-- ===== src/Matrix/Routes/Laws.antt =====
-- What the routing matrices hold.
use libambix.Base.{
  ℕ, ◌+◌, ◌≤◌, ◌<◌, ◌≡◌, refl, ◌∙◌, arith, Bool, true, false, ltb, ◌==◌, ◌||◌, if◌then◌else◌,
  Option, some, List, get_elem?, done, null, fault, ◌>>=◌, access, for_inv, ℤ, pos, le→ltb, lt→ltb,
  is_negative, for_stop,
}
use libambix.Matrix.{Float, Matrix, write, init}
use libambix.Matrix.Writes.{
  IsFilled, updated, write-done, row_writes, col_writes, RowsWritten, ColsWritten,
}
use libambix.Matrix.Routes.{diag, cast_u32, check_route, place_route, router}

-- The first `size` entries of a list are the values of `o`.
abbrev pub Entries : {A : Type 0} → List A → ℕ → (ℕ → A) → Type 0
Entries xs size o = (i : ℕ) → i < size → get_elem? xs i ≡ some (o i)

-- What the check of a route does with a list of entries that are not negative.
module _ (route : List ℤ) (size limit : ℕ) (o : ℕ → ℕ)
    (entries : Entries route size (λ i. pos (o i))) where
  check_step :
      (i : ℕ) (u : Unit {0})
      → i < size
      → (access (get_elem? route i) >>= λ x.
          cast_u32 x >>= λ p. if is_negative x || ltb limit p then null else done u)
        ≡ (if ltb limit (o i) then null else done u)
  check_step i u h = rw (entries i h)

  pub check_route-done : ((i : ℕ) → i < size → o i ≤ limit) → check_route route size limit ≡ done tt
  unfolding check_route
  check_route-done bound =
      (for_inv (λ i u. Unit {0}) _ size 0
        (λ i u lo hi p.
          (u, check_step i u (omega arith) ∙ rw (le→ltb limit (o i) (bound i (omega arith))), tt))
        tt tt).1

  -- An entry above the limit is refused.
  pub check_route-null :
      (j : ℕ)
      → j < size
      → limit < o j
      → ((i : ℕ) → i < j → o i ≤ limit)
      → check_route route size limit ≡ null
  unfolding check_route
  check_route-null j h above bound =
      for_stop (λ i u. Unit {0}) _ null j (λ f. refl)
        (λ u p. check_step j u h ∙ rw (lt→ltb limit (o j) above)) size 0
        (λ i u lo hi p.
          (u, check_step i u (omega arith) ∙ rw (le→ltb limit (o i) (bound i (omega arith))), tt))
        (omega arith) (omega arith) tt tt

module _ {F : Type 0} ⦃fl : Float F⦄ where
  -- From an array of at least `size` values the diagonal matrix is built, whatever matrix is given to
  -- hold it: square, with the values on the diagonal and 0 elsewhere.
  pub diag-IsFilled :
      (orgmatrix : Option (Matrix F)) (diagonal : List F) (size : ℕ) (d : ℕ → F)
      → Entries diagonal size d
      → (m : Matrix F) × (diag orgmatrix diagonal size ≡ done m)
        × IsFilled size size (λ r c. if c == r then d r else fl.zero) m
  unfolding diag init
  diag-IsFilled orgmatrix diagonal size d entries =
      let (m, e, w) =
        row_writes size (init size size) (λ i. i) d
          (λ i s. access (get_elem? diagonal i) >>= λ v. write s i i v) (λ i s h. rw (entries i h))
          (λ i h. (h, h)) in
      (
        m,
        e,
        record {
          has_rows = w.same_rows;
          has_cols = w.same_cols;
          cells = λ r c h k. ground (arith, w.at r c);
        },
      )

  module _ (size : ℕ) (m : Matrix F) (route : List ℤ) (o : ℕ → ℕ)
      (entries : Entries route size (λ i. pos (o i))) where
    pub place_route-rows :
        ((i : ℕ) → i < size → (i < m.rows) × (o i < m.cols))
        → (s : Matrix F) × (place_route route size false m ≡ done s)
          × RowsWritten m o (λ i. fl.one) (0 + size) s
    unfolding place_route
    place_route-rows inside = row_writes size m o (λ i. fl.one) _ (λ i s h. rw (entries i h)) inside

    pub place_route-cols :
        ((i : ℕ) → i < size → (o i < m.rows) × (i < m.cols))
        → (s : Matrix F) × (place_route route size true m ≡ done s)
          × ColsWritten m o (λ i. fl.one) (0 + size) s
    unfolding place_route
    place_route-cols inside = col_writes size m o (λ i. fl.one) _ (λ i s h. rw (entries i h)) inside

  module _ (orgmatrix : Option (Matrix F)) (route : List ℤ) (size : ℕ) (o : ℕ → ℕ)
      (entries : Entries route size (λ i. pos (o i))) where
    -- For a route whose first `size` entries `o i` are all below the size, the router succeeds, and row r
    -- of the square matrix has a 1 in column `o r` and 0 elsewhere.
    pub router-IsFilled :
        ((i : ℕ) → i < size → o i < size)
        → (m : Matrix F) × (router orgmatrix route size false ≡ done m)
          × IsFilled size size (λ r c. if c == o r then fl.one else fl.zero) m
    unfolding router init
    router-IsFilled inside =
        let (m, e, w) =
          place_route-rows size (init size size) route o entries (λ i h. (h, inside i h)) in
        (
          m,
          rw (check_route-done route size size o entries (λ i h. omega (arith, inside i h))) e,
          record {
            has_rows = w.same_rows;
            has_cols = w.same_cols;
            cells = λ r c h k. ground (arith, w.at r c);
          },
        )

    -- With `swap`, under the same condition, column c has a 1 in row `o c` and 0 elsewhere.
    pub router-swap-IsFilled :
        ((i : ℕ) → i < size → o i < size)
        → (m : Matrix F) × (router orgmatrix route size true ≡ done m)
          × IsFilled size size (λ r c. if r == o c then fl.one else fl.zero) m
    unfolding router init
    router-swap-IsFilled inside =
        let (m, e, w) =
          place_route-cols size (init size size) route o entries (λ i h. (inside i h, h)) in
        (
          m,
          rw (check_route-done route size size o entries (λ i h. omega (arith, inside i h))) e,
          record {
            has_rows = w.same_rows;
            has_cols = w.same_cols;
            cells = λ r c h k. ground (arith, w.at r c);
          },
        )

    -- One round of the second loop on a matrix of `size` rows and columns: it returns for an entry
    -- below the size, and writes outside of the data for an entry that equals it.
    place_inside :
        (swap : Bool) (i : ℕ) (s : Matrix F)
        → i < size
        → o i < size
        → (s.rows ≡ size) × (s.cols ≡ size)
        → (t : Matrix F) × ((if swap then write s (o i) i fl.one else write s i (o i) fl.one)
            ≡ done t)
          × ((t.rows ≡ size) × (t.cols ≡ size))
    place_inside true i s h k d =
        (updated s (o i) i fl.one, write-done s (o i) i fl.one (omega arith) (omega arith), d)
    place_inside false i s h k d =
        (updated s i (o i) fl.one, write-done s i (o i) fl.one (omega arith) (omega arith), d)

    place_outside :
        (swap : Bool) (i : ℕ) (s : Matrix F)
        → o i ≡ size
        → (s.rows ≡ size) × (s.cols ≡ size)
        → (if swap then write s (o i) i fl.one else write s i (o i) fl.one) ≡ fault
    unfolding write
    place_outside true i s e d = rw (le→ltb (o i) s.rows (omega arith))
    place_outside false i s e d = ground (arith, le→ltb (o i) s.cols)

    -- If some entry equals the size, those before it are below and those after it not above, then
    -- the check lets the route pass, and a cell outside of the matrix is written.
    pub router_overrun :
        (j : ℕ) (swap : Bool)
        → j < size
        → o j ≡ size
        → ((i : ℕ) → i < size → o i ≤ size)
        → ((i : ℕ) → i < j → o i < size)
        → router orgmatrix route size swap ≡ fault
    unfolding router place_route init
    router_overrun j swap h e bound before = rw (check_route-done route size size o entries bound) (
        for_stop (λ i s. (s.rows ≡ size) × (s.cols ≡ size)) _ fault j (λ f. refl)
          (λ s d. rw (entries j h) (place_outside swap j s e d)) size 0
          (λ i s lo hi d.
            rw (entries i (omega arith)) (place_inside swap i s (omega arith) (before i hi) d))
          (omega arith) (omega arith) (init size size) (refl, refl))
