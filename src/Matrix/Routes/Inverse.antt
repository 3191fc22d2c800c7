-- ===== src/Matrix/Routes/Inverse.antt =====
-- A routing matrix permutes the rows of what it is multiplied with, and its transpose undoes it.
use libambix.Base.{
  ℕ, ◌<◌, ◌≡◌, refl, sym, ap, ◌∙◌, arith, ◌==◌, if◌then◌else◌, Option, some, done, subst, List, ℤ,
  pos, Bool, true, false,
}
use libambix.Matrix.{Accumulator, Float, Matrix, multiply}
use libambix.Matrix.Exact.{IsExact, dot-unit_row}
use libambix.Matrix.Products.{multiply-IsFilled, dot_congr}
use libambix.Matrix.Writes.{IsFilled}
use libambix.Matrix.Routes.{router}
use libambix.Matrix.Routes.Laws.{Entries, router-IsFilled, router-swap-IsFilled}

-- `o` lists each channel below `size` once: it stays below `size` and meets no value twice.
pub record IsRoute (size : ℕ) (o : ℕ → ℕ) : Type 0 where
  pub inside : (i : ℕ) → i < size → o i < size
  pub distinct : (i j : ℕ) → i < size → j < size → o i ≡ o j → i ≡ j

module _ {F S : Type 0} ⦃fl : Float F⦄ (acc : Accumulator F F S) (Exact : F → Type 0)
    (laws : IsExact fl acc Exact) (size : ℕ) (o : ℕ → ℕ) (p : Matrix F)
    (routes : IsFilled size size (λ r c. if c == o r then fl.one else fl.zero) p) where
  -- If all entries of a route are below the size, `m` has that many rows, and its cells are exact, the
  -- product of the routing matrix with `m` succeeds and has row `o r` of `m` as its row r.
  pub router-multiply :
      (m : Matrix F) (dest : Option (Matrix F))
      → m.rows ≡ size
      → ((i : ℕ) → i < size → o i < size)
      → ((i c : ℕ) → i < size → c < m.cols → Exact (m.cell i c))
      → (s : Matrix F) × (multiply acc (some p) (some m) dest ≡ done s)
        × IsFilled size m.cols (λ r c. m.cell (o r) c) s
  router-multiply m dest same inside exact =
      let (s, e, u) = multiply-IsFilled acc p m dest (routes.has_cols ∙ sym same) in
      (
        s,
        e,
        record {
          has_rows = u.has_rows ∙ routes.has_rows;
          has_cols = u.has_cols;
          cells = λ r c h k.
              u.cells r c (omega (arith, routes.has_rows)) k
              ∙ dot_congr acc p.cols (p.cell r) _ (λ i. m.cell i c) (λ i. m.cell i c)
                  (λ i q. routes.cells r i h (omega (arith, routes.has_cols))) (λ i q. refl)
              ∙ dot-unit_row fl acc Exact laws (o r) p.cols (λ i. m.cell i c)
                  (omega (arith, inside r h, routes.has_cols))
                  (λ i q. exact i c (omega (arith, routes.has_cols)) k);
        },
      )

  pub router-inverse :
      (q : Matrix F) (dest : Option (Matrix F))
      → IsRoute size o
      → IsFilled size size (λ r c. if r == o c then fl.one else fl.zero) q
      → Exact fl.one
      → Exact fl.zero
      → (s : Matrix F) × (multiply acc (some p) (some q) dest ≡ done s)
        × IsFilled size size (λ r c. if r == c then fl.one else fl.zero) s
  router-inverse q dest route back one_exact zero_exact =
      let (s, e, u) = router-multiply q dest back.has_rows route.inside exact in
      (
        s,
        e,
        record {
          has_rows = u.has_rows;
          has_cols = u.has_cols ∙ back.has_cols;
          cells = λ r c h k.
              u.cells r c h (omega (arith, back.has_cols))
              ∙ back.cells (o r) c (route.inside r h) k
              ∙ ap (λ b. if b then fl.one else fl.zero) (same_test r c h k);
        },
      )
    where
      one_or_zero : (b : Bool) → Exact (if b then fl.one else fl.zero)
      one_or_zero true = one_exact
      one_or_zero false = zero_exact

      exact : (i c : ℕ) → i < size → c < q.cols → Exact (q.cell i c)
      exact i c h k =
          subst Exact (sym (back.cells i c h (omega (arith, back.has_cols))))
            (one_or_zero (i == o c))

      same_test : (r c : ℕ) → r < size → c < size → (o r == o c) ≡ (r == c)
      same_test r c h k = ground (arith, route.distinct r c h k)

module _ {F S : Type 0} ⦃fl : Float F⦄ (acc : Accumulator F F S) (Exact : F → Type 0)
    (laws : IsExact fl acc Exact) where
  -- Routing. If a route lists each channel below its size once, the router makes of it a matrix and, with `swap`,
  -- a second one, without leaving a matrix; the first times a matrix of as many rows with exact cells
  -- is that matrix with its row o r as row r, for the entry o r of the route; and the first times the
  -- second is the identity, if 0 and 1 are exact.
  pub router-restored :
      (route : List ℤ) (size : ℕ) (o : ℕ → ℕ) (org : Option (Matrix F)) (m : Matrix F)
      (dest : Option (Matrix F))
      → Entries route size (λ i. pos (o i))
      → IsRoute size o
      → m.rows ≡ size
      → ((i c : ℕ) → i < size → c < m.cols → Exact (m.cell i c))
      → Exact fl.one
      → Exact fl.zero
      → (p : Matrix F) × (router org route size false ≡ done p)
        × (q : Matrix F) × (router org route size true ≡ done q)
        × ((s : Matrix F) × (multiply acc (some p) (some m) dest ≡ done s)
            × IsFilled size m.cols (λ r c. m.cell (o r) c) s)
        × ((s : Matrix F) × (multiply acc (some p) (some q) dest ≡ done s)
            × IsFilled size size (λ r c. if r == c then fl.one else fl.zero) s)
  router-restored route size o org m dest entries is_route same exact one_exact zero_exact =
      let (p, ep, fp) = router-IsFilled org route size o entries is_route.inside in
      let (q, eq, fq) = router-swap-IsFilled org route size o entries is_route.inside in
      (
        p,
        ep,
        q,
        eq,
        router-multiply acc Exact laws size o p fp m dest same is_route.inside exact,
        router-inverse acc Exact laws size o p fp q dest is_route fq one_exact zero_exact,
      )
______
§ What is expected
Apply a filter to the listing above so that only lines with "succeeds" are kept, and copy those lines.

§ Answer section
    -- For a route whose first `size` entries `o i` are all below the size, the router succeeds, and row r
  -- product of the routing matrix with `m` succeeds and has row `o r` of `m` as its row r.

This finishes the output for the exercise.